START DATA
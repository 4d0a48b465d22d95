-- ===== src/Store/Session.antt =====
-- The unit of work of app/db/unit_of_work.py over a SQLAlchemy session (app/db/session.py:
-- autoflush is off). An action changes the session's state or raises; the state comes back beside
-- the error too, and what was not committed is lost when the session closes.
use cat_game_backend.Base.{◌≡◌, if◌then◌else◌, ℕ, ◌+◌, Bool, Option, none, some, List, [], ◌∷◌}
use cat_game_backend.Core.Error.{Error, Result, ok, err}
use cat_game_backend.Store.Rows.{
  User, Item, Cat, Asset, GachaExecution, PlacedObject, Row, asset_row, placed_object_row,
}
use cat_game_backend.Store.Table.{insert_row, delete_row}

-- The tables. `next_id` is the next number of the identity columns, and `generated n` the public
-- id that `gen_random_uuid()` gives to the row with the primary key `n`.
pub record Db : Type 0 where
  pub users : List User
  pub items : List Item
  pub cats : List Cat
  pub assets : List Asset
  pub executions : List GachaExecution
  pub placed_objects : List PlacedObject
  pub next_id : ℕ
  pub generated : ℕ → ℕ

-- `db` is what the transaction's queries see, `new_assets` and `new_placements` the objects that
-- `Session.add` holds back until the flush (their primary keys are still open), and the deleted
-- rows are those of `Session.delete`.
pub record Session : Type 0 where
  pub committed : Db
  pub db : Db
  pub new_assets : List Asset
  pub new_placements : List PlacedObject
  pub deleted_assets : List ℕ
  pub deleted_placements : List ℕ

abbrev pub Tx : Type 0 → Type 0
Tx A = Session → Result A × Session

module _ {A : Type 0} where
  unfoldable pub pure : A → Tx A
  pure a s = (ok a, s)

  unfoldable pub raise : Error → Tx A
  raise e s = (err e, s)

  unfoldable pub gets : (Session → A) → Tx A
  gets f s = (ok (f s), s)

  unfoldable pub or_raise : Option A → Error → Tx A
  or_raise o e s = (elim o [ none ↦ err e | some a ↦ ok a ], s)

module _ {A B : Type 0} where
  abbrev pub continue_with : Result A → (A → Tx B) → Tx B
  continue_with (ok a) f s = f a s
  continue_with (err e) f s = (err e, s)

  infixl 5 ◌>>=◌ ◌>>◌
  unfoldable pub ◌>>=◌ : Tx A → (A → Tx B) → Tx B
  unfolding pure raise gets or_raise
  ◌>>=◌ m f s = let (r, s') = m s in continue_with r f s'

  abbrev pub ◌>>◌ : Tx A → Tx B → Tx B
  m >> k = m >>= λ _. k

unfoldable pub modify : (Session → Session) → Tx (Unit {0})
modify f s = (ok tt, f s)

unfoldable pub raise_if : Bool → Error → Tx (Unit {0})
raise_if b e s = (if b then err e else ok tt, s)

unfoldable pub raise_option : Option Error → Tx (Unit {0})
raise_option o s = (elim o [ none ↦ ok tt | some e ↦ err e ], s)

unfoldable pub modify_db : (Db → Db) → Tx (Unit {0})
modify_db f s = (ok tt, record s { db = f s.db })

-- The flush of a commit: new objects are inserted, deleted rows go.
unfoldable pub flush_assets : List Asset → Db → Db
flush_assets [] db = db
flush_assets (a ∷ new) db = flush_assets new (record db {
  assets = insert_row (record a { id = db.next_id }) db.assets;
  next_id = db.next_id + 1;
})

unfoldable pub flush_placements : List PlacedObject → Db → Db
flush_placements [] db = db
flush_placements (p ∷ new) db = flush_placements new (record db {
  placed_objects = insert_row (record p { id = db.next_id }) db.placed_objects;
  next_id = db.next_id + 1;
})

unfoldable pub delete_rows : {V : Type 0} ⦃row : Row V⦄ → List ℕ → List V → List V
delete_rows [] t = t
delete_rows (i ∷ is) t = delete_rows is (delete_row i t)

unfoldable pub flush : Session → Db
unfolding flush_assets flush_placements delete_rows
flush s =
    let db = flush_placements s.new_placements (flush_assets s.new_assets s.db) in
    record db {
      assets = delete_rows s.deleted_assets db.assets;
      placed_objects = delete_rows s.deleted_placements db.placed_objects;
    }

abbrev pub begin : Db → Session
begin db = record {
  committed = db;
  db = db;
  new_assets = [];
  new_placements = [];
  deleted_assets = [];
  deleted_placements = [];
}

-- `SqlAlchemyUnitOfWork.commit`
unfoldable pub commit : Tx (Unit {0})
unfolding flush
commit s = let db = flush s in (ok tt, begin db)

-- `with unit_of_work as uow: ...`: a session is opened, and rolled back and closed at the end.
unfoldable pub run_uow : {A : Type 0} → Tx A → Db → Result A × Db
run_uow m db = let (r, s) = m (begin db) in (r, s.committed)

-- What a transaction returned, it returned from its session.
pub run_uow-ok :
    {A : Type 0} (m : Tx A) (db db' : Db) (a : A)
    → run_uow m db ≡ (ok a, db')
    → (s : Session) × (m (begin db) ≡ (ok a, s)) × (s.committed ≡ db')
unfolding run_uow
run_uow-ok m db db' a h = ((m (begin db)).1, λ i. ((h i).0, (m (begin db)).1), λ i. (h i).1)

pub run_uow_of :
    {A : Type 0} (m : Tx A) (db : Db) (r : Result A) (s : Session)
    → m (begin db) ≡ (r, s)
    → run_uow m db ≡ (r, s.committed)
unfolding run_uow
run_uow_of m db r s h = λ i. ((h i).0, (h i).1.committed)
END DATA
START DATA
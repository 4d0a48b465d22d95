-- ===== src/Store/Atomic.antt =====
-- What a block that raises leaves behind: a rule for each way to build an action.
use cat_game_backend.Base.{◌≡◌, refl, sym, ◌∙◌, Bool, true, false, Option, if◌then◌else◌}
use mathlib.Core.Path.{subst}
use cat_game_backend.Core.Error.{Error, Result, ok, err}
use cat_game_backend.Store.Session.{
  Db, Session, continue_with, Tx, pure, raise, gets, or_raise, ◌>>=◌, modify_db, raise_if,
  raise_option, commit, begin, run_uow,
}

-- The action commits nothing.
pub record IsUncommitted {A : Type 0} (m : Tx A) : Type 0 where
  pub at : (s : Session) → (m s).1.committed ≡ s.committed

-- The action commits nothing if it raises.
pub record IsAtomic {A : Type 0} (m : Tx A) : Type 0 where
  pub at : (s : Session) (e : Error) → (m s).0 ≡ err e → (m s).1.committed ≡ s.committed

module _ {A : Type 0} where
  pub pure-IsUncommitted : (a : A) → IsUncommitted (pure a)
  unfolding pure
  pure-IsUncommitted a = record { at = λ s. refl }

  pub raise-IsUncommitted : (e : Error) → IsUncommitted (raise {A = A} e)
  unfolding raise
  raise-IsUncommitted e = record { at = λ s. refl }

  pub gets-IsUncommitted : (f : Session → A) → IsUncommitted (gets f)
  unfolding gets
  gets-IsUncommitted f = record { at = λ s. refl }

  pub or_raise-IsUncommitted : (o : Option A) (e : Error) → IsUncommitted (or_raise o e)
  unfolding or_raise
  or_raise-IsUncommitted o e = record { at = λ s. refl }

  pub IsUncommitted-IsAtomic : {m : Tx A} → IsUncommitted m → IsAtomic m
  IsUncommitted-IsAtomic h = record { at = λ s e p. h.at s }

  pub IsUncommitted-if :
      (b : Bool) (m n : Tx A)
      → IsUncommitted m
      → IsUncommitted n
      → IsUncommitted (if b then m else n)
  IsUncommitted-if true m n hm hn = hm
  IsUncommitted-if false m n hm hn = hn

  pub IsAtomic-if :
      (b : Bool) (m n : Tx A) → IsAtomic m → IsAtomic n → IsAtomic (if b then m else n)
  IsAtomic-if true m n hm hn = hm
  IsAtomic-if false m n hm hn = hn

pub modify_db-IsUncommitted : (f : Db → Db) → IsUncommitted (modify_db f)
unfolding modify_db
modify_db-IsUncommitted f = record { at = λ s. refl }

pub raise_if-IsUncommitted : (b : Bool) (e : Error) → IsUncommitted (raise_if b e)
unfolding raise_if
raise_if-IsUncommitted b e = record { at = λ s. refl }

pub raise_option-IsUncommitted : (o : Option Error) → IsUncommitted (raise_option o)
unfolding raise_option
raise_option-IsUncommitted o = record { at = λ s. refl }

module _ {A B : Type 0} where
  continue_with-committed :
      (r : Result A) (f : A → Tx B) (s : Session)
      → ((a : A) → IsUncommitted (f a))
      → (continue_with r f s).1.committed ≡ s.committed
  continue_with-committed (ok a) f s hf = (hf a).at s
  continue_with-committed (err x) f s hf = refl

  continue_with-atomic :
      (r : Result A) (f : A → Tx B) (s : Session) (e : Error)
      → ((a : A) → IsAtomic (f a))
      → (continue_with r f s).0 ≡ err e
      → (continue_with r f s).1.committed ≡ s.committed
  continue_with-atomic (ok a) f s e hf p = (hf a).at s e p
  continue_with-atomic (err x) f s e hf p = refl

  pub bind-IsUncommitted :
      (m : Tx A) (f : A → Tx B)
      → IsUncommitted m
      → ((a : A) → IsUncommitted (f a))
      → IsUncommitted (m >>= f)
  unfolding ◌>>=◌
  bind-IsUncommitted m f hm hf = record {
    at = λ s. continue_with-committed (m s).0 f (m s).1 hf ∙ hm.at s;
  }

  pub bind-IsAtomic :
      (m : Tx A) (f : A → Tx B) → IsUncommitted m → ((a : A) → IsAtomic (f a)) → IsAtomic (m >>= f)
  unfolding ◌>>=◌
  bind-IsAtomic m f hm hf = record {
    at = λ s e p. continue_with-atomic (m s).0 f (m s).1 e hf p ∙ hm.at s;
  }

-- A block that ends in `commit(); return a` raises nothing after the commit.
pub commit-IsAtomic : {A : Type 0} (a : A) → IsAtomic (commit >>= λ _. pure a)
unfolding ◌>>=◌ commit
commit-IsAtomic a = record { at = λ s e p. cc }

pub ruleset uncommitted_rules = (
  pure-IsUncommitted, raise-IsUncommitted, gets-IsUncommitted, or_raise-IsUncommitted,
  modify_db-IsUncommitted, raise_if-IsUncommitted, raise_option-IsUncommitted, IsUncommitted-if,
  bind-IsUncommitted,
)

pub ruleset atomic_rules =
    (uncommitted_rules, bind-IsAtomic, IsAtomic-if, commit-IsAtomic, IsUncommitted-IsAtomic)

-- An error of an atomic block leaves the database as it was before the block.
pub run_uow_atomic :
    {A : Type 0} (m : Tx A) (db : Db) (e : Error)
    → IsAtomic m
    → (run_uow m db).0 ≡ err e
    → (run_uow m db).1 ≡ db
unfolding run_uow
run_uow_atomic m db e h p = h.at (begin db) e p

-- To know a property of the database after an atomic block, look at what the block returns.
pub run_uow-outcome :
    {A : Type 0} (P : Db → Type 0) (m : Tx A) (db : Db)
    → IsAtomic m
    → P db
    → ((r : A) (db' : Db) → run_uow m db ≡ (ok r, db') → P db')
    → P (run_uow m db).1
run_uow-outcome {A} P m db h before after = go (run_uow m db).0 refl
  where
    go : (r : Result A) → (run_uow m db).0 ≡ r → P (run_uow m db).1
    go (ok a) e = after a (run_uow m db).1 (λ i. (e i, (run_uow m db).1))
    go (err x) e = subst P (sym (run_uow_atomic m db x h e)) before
END DATA
- **PROMPT**
Your answer should consist of the lines of the listing that contain "outcome", copied as they stand.

- **RESULT OF THIS EXERCISE**
pub run_uow-outcome :
run_uow-outcome {A} P m db h before after = go (run_uow m db).0 refl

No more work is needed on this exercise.